### Action item:
From the line containing "run12 = later run11 (accesses 0 refl unheard)" through the last line of the entries, set down every line exactly and add nothing.

Stored data:
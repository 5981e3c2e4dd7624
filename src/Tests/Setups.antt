-- ===== src/Tests/Setups.antt =====
-- Sockets, reactors, UDP clients, timed waits and guards at concrete results of the system calls.
use cpplib.Prelude.{
  update, ℕ, suc, ◌+◌, ◌*◌, ◌<◌, pos, negsuc, true, false, List, [], ◌∷◌, codes, ◌≡◌, ◌⊎◌, refl,
  arith, some,
}
use cpplib.ThreadRwMutex.{
  unlocked, outside, reading, writing, System, guards_read, guards_write, leaves_read, unguarded,
  Reach, start, later,
}
use cpplib.ThreadRwMutex.Exclusion.{writer_alone}
use cpplib.ThreadCond.{until, time_wait}
use cpplib.ThreadCond.Deadline.{at, time_wait_later}
use cpplib.UdpClient.{initial}
use cpplib.UdpClient.Sessions.{Op, connects, closes, apply, run, HoldsOne, run-HoldsOne}
use cpplib.TcpReactor.{has}
use cpplib.TcpReactor.Setup.{Results, constructed, do_init}
use cpplib.TcpReactor.Setup.Descriptors.{Leaves, do_init-Leaves}
use cpplib.SimpleTcpBase.Sockets.{SimpleTcpBase, init_tcp_server, init_tcp_client}
use cpplib.SimpleTcpBase.Sockets.Opening.{init_all_or_nothing}

time_wait_later_example :
    (sec : ℕ) × (nsec : ℕ) × (time_wait (pos (suc 1_999_999)) (pos 0) (at 7 999_999_000)
      ≡ until (at sec nsec))
    × (nsec < 1_000_000_000)
    × (sec * 1_000_000_000 + nsec ≡ 7 * 1_000_000_000 + 999_999_000 + suc 1_999_999 * 1000)
time_wait_later_example = time_wait_later 1_999_999 7 999_999_000 (omega arith)

abbrev calls : List Op
calls =
    connects (codes "10.0.0.1") 53 true (pos 3) (pos 0)
    ∷ closes
    ∷ connects (codes "10.0.0.2") 53 false (pos 4) (pos 0)
    ∷ []

run-HoldsOne_example : HoldsOne (run initial calls)
unfolding apply
run-HoldsOne_example = run-HoldsOne calls ((refl, refl, refl), (tt, ((refl, refl, refl), tt)))

abbrev listens : Results
listens = record {
  rlimit_ret = pos 0;
  rlim_cur = 1024;
  epfd = pos 3;
  aton_ret = pos 0;
  listen_fd = pos 4;
  reuse_ret = negsuc 0;
  non_block_ret = pos 0;
  nodelay_ret = pos 0;
  bind_ret = pos 0;
  listen_ret = pos 0;
  ctl_ret = pos 0;
}

do_init-Leaves_example : Leaves listens (do_init (some 10) listens constructed)
do_init-Leaves_example = do_init-Leaves listens 10 refl

abbrev client : SimpleTcpBase
client = record { sockfd = pos 5; opened = pos 5 ∷ [] }

init_all_or_nothing_example :
    ((init_tcp_server (pos 6) (pos 0) (negsuc 0) (pos 0) client
        ≡ (pos 0, record { sockfd = pos 6; opened = pos 6 ∷ pos 5 ∷ [] }))
      ⊎ (init_tcp_server (pos 6) (pos 0) (negsuc 0) (pos 0) client ≡ (negsuc 0, client)))
    × ((init_tcp_client (pos 6) (pos 0) client
          ≡ (pos 0, record { sockfd = pos 6; opened = pos 6 ∷ pos 5 ∷ [] }))
        ⊎ (init_tcp_client (pos 6) (pos 0) client
            ≡ (negsuc 0, record client { sockfd = negsuc 0 })))
unfolding has
init_all_or_nothing_example = init_all_or_nothing (pos 6) (pos 0) (negsuc 0) (pos 0) client refl

-- One thread has read; another one writes.
abbrev read_one : System
read_one = record {
  lock = record { readers = 1; writer = false };
  scope = update (λ i. outside) 1 reading;
}

abbrev left_one : System
left_one = record {
  lock = record { readers = 0; writer = false };
  scope = update read_one.scope 1 outside;
}

abbrev written : System
written = record {
  lock = record { readers = 0; writer = true };
  scope = update left_one.scope 0 writing;
}

written_reached : Reach 2 written
unfolding unlocked
written_reached =
    later {s = left_one} {t = written}
      (later {s = read_one} {t = left_one}
        (later {s = unguarded} {t = read_one} start (guards_read 1 (omega arith) refl refl))
        (leaves_read 1 (omega arith) refl))
      (guards_write 0 (omega arith) refl refl refl)

writer_alone_example :
    (written.scope 1 ≡ outside) × (written.lock.writer ≡ true) × (written.lock.readers ≡ 0)
writer_alone_example =
    writer_alone 2 0 1 written written_reached (omega arith) (omega arith) refl refl

-- The destructor of a guard whose `lock_read` failed gives up the hold of another thread.
hold_lost :
    unlocked (record { readers = 1; writer = false }) ≡ record { readers = 0; writer = false }
unfolding unlocked
hold_lost = refl
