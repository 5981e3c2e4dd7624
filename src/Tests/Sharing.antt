-- ===== src/Tests/Sharing.antt =====
-- Two threads on one TQueue, an access at a time.
use cpplib.Prelude.{update, ℕ, pos, Option, none, some, List, [], ◌∷◌, ◌++◌, ◌≡◌, refl}
use cpplib.TimeStamp.{TimeStamp}
use cpplib.Queue
use cpplib.Queue.{TQueue}
use cpplib.Queue.Shared.{
  Pc, popping, reading, dropping, pacing, pushing, adding, telling, leaving, Reply, access,
  IsMethod,
}
use cpplib.Queue.Shared.Fifo.{accepted, delivered, calls_fifo}
use cpplib.Queue.Shared.Served.{waits_on_empty}
use cpplib.ThreadMutex.{
  waits, returns, Place, outside, locking, inside, blocked, wake, Turns, calls, locks, accesses,
  Reach, start, later, unheard, all,
}

abbrev time : TimeStamp
time = record { seconds = pos 5; micro_seconds = pos 0 }

abbrev queue : List ℕ → TQueue ℕ
queue items = record {
  lst_item = items;
  max_size = 3;
  wake_up_ts = time;
  rate_limit = 0;
  try_pop_cnt = 0;
}

abbrev Run : Option ℕ → List ℕ → (ℕ → Place (Pc ℕ)) → Turns (Pc ℕ) (Reply ℕ) → Type 0
Run mutex items place log =
    Reach access IsMethod (queue [])
      (record { mutex = mutex; object = queue items; place = place; log = log })

-- Thread 0 comes to the empty queue and waits.
abbrev waited_log : Turns (Pc ℕ) (Reply ℕ)
waited_log = (0, popping time time, waits (λ code. popping time time)) ∷ []

abbrev pushed_log : Turns (Pc ℕ) (Reply ℕ)
pushed_log = (1, pushing 9, returns (some (pos 0, none))) ∷ waited_log

abbrev popped_log : Turns (Pc ℕ) (Reply ℕ)
popped_log = (0, popping time time, returns (some (pos 0, some 9))) ∷ pushed_log

abbrev place0 : ℕ → Place (Pc ℕ)
place0 i = outside

abbrev place1 : ℕ → Place (Pc ℕ)
place1 = update place0 0 (locking (popping time time))

run1 : Run none [] place1 []
run1 = later start (calls 0 (popping time time) refl tt)

abbrev place2 : ℕ → Place (Pc ℕ)
place2 = update place1 0 (inside (popping time time) (popping time time))

run2 : Run (some 0) [] place2 []
run2 = later run1 (locks 0 refl refl)

abbrev place3 : ℕ → Place (Pc ℕ)
place3 = update place2 0 (blocked (λ code. popping time time))

run3 : Run none [] place3 waited_log
unfolding access Queue.empty Queue.full Queue.throttle
run3 = later run2 (accesses 0 refl unheard)

-- Thread 1 pushes, and wakes it.
abbrev place4 : ℕ → Place (Pc ℕ)
place4 = update place3 1 (locking (pushing 9))

run4 : Run none [] place4 waited_log
run4 = later run3 (calls 1 (pushing 9) refl tt)

abbrev place5 : ℕ → Place (Pc ℕ)
place5 = update place4 1 (inside (pushing 9) (pushing 9))

run5 : Run (some 1) [] place5 waited_log
run5 = later run4 (locks 1 refl refl)

abbrev place6 : ℕ → Place (Pc ℕ)
place6 = update place5 1 (inside (pushing 9) (adding 9))

run6 : Run (some 1) [] place6 waited_log
unfolding access Queue.empty Queue.full Queue.throttle
run6 = later run5 (accesses 1 refl unheard)

abbrev place7 : ℕ → Place (Pc ℕ)
place7 = update place6 1 (inside (pushing 9) telling)

run7 : Run (some 1) (9 ∷ []) place7 waited_log
unfolding access Queue.empty Queue.full Queue.throttle
run7 = later run6 (accesses 1 refl unheard)

abbrev place8 : ℕ → Place (Pc ℕ)
place8 = update (λ j. wake (place7 j)) 1 (inside (pushing 9) (leaving (pos 0) none))

run8 : Run (some 1) (9 ∷ []) place8 waited_log
unfolding access Queue.empty Queue.full Queue.throttle
run8 = later run7 (accesses 1 refl all)

abbrev place9 : ℕ → Place (Pc ℕ)
place9 = update place8 1 outside

run9 : Run none (9 ∷ []) place9 pushed_log
unfolding access Queue.empty Queue.full Queue.throttle
run9 = later run8 (accesses 1 refl unheard)

-- Thread 0 takes the item.
abbrev place10 : ℕ → Place (Pc ℕ)
place10 = update place9 0 (inside (popping time time) (popping time time))

run10 : Run (some 0) (9 ∷ []) place10 pushed_log
run10 = later run9 (locks 0 refl refl)

abbrev place11 : ℕ → Place (Pc ℕ)
place11 = update place10 0 (inside (popping time time) (reading time time))

run11 : Run (some 0) (9 ∷ []) place11 pushed_log
unfolding access Queue.empty Queue.full Queue.throttle
run11 = later run10 (accesses 0 refl unheard)

abbrev place12 : ℕ → Place (Pc ℕ)
place12 = update place11 0 (inside (popping time time) (dropping time time 9))

run12 : Run (some 0) (9 ∷ []) place12 pushed_log
unfolding access Queue.empty Queue.full Queue.throttle
run12 = later run11 (accesses 0 refl unheard)

abbrev place13 : ℕ → Place (Pc ℕ)
place13 = update place12 0 (inside (popping time time) (pacing time time 9))

run13 : Run (some 0) [] place13 pushed_log
unfolding access Queue.empty Queue.full Queue.throttle
run13 = later run12 (accesses 0 refl unheard)

abbrev place14 : ℕ → Place (Pc ℕ)
place14 = update place13 0 (inside (popping time time) (leaving (pos 0) (some 9)))

run14 : Run (some 0) [] place14 pushed_log
unfolding access Queue.empty Queue.full Queue.throttle
run14 = later run13 (accesses 0 refl unheard)

abbrev place15 : ℕ → Place (Pc ℕ)
place15 = update place14 0 outside

run15 : Run none [] place15 popped_log
unfolding access Queue.empty Queue.full Queue.throttle
run15 = later run14 (accesses 0 refl unheard)

calls_fifo_example : [] ++ accepted popped_log ≡ delivered popped_log ++ []
calls_fifo_example =
    calls_fifo (queue [])
      (record { mutex = none; object = queue []; place = place15; log = popped_log }) run15 refl

waits_on_empty_example : ◌≡◌ {A = List ℕ} (queue []).lst_item []
waits_on_empty_example =
    waits_on_empty (queue [])
      (record { mutex = none; object = queue []; place = place3; log = waited_log }) 0
      (λ code. popping time time) run3 refl refl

### Exercise response:
run12 = later run11 (accesses 0 refl unheard)

abbrev place13 : ℕ → Place (Pc ℕ)
place13 = update place12 0 (inside (popping time time) (pacing time time 9))

run13 : Run (some 0) [] place13 pushed_log
unfolding access Queue.empty Queue.full Queue.throttle
run13 = later run12 (accesses 0 refl unheard)

abbrev place14 : ℕ → Place (Pc ℕ)
place14 = update place13 0 (inside (popping time time) (leaving (pos 0) (some 9)))

run14 : Run (some 0) [] place14 pushed_log
unfolding access Queue.empty Queue.full Queue.throttle
run14 = later run13 (accesses 0 refl unheard)

abbrev place15 : ℕ → Place (Pc ℕ)
place15 = update place14 0 outside

run15 : Run none [] place15 popped_log
unfolding access Queue.empty Queue.full Queue.throttle
run15 = later run14 (accesses 0 refl unheard)

calls_fifo_example : [] ++ accepted popped_log ≡ delivered popped_log ++ []
calls_fifo_example =
    calls_fifo (queue [])
      (record { mutex = none; object = queue []; place = place15; log = popped_log }) run15 refl

waits_on_empty_example : ◌≡◌ {A = List ℕ} (queue []).lst_item []
waits_on_empty_example =
    waits_on_empty (queue [])
      (record { mutex = none; object = queue []; place = place3; log = waited_log }) 0
      (λ code. popping time time) run3 refl refl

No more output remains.